WORK TASK
Would you copy all lines in the data that contain the word "found"?
[AVAILABLE RECORDS Boundary: Start]
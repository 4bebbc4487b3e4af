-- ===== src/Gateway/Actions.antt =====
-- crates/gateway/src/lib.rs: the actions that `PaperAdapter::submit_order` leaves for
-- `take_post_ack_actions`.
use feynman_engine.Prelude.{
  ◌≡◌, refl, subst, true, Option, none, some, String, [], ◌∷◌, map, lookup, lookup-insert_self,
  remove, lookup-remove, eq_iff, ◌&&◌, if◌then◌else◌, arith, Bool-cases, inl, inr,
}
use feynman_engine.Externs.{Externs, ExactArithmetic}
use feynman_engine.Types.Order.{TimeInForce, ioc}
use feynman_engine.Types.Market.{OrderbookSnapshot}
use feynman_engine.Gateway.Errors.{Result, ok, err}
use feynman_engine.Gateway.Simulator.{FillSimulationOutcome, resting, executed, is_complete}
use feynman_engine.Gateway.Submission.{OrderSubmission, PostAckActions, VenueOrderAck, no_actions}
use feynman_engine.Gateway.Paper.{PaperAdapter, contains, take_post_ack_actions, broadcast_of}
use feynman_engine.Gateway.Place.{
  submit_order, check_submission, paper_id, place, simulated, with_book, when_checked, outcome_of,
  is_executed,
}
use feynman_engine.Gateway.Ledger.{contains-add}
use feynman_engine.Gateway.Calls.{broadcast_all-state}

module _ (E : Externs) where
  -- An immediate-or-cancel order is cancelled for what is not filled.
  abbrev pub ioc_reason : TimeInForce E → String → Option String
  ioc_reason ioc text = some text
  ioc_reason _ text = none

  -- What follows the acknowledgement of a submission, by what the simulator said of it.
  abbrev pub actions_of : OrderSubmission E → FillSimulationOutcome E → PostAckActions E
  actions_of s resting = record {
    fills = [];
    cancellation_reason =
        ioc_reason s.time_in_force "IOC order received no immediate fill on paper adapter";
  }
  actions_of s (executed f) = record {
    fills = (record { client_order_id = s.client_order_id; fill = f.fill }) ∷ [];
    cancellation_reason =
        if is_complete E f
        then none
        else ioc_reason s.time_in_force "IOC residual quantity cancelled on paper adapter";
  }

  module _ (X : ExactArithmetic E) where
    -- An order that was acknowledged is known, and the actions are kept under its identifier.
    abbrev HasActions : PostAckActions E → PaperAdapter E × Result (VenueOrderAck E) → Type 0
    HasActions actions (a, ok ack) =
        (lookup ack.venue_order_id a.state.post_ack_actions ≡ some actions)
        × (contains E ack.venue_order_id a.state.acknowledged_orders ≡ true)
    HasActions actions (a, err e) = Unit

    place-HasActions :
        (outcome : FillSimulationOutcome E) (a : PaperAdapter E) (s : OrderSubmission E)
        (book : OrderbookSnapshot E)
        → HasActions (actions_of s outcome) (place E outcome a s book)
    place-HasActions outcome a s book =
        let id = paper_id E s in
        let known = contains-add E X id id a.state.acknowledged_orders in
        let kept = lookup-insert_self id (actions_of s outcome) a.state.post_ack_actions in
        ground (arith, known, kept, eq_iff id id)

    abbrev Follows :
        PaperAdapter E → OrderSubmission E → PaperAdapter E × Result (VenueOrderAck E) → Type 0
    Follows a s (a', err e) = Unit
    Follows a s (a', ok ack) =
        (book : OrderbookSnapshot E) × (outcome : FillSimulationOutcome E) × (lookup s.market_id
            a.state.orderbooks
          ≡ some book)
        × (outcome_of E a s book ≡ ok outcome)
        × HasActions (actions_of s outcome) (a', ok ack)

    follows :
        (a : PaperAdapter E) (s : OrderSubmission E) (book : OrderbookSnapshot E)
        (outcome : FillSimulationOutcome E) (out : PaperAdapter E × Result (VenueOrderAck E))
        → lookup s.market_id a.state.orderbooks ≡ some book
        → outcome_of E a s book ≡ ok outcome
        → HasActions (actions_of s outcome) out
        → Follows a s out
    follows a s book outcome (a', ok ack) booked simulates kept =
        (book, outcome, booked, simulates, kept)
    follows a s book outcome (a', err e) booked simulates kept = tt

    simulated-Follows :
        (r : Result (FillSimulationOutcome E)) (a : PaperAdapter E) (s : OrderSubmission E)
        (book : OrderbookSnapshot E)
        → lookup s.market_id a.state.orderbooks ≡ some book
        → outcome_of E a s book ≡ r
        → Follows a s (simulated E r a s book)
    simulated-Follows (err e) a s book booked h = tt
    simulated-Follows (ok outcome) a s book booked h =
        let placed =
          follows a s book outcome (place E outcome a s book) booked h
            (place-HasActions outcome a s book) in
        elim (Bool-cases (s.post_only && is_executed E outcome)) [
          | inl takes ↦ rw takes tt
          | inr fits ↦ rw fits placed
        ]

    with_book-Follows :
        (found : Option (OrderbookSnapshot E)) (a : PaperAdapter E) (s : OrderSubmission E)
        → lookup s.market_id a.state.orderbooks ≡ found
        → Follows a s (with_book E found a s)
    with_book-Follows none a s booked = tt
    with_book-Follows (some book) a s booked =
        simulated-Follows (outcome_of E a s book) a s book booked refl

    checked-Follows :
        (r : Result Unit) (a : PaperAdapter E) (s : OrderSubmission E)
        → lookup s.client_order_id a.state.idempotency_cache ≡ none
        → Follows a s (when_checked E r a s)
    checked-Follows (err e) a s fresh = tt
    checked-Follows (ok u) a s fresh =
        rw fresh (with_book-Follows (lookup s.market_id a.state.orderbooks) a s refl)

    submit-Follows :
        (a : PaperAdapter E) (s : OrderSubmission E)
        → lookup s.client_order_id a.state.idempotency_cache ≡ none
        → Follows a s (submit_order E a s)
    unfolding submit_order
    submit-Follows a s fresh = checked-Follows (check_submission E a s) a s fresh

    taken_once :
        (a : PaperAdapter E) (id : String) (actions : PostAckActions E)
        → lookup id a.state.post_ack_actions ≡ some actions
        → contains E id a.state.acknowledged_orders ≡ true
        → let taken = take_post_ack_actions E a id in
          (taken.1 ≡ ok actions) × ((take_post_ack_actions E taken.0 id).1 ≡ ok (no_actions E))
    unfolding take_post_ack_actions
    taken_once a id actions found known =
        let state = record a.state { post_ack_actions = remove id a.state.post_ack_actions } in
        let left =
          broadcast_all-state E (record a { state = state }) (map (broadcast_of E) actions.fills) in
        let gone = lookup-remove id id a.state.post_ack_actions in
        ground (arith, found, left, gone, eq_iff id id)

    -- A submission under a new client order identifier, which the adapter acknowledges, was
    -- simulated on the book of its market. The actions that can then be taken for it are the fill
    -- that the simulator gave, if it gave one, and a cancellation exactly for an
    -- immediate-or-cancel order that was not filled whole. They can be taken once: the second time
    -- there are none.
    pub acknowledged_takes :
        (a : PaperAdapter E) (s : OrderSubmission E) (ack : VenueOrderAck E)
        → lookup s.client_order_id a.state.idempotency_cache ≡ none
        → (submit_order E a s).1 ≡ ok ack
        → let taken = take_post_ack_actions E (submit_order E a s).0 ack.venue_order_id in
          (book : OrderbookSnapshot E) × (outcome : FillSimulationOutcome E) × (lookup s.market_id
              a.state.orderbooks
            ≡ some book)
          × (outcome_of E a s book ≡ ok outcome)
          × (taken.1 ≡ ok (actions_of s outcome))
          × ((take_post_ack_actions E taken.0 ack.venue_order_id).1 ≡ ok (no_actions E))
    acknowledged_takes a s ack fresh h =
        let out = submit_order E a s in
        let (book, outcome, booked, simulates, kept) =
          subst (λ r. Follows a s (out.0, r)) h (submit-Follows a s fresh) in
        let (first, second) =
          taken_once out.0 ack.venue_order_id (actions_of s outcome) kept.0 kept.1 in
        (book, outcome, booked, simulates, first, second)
[AVAILABLE RECORDS Boundary: End]
OUTPUT FOR THIS EXERCISE
        (found : Option (OrderbookSnapshot E)) (a : PaperAdapter E) (s : OrderSubmission E)
        → lookup s.market_id a.state.orderbooks ≡ found
        → Follows a s (with_book E found a s)
    taken_once a id actions found known =
        ground (arith, found, left, gone, eq_iff id id)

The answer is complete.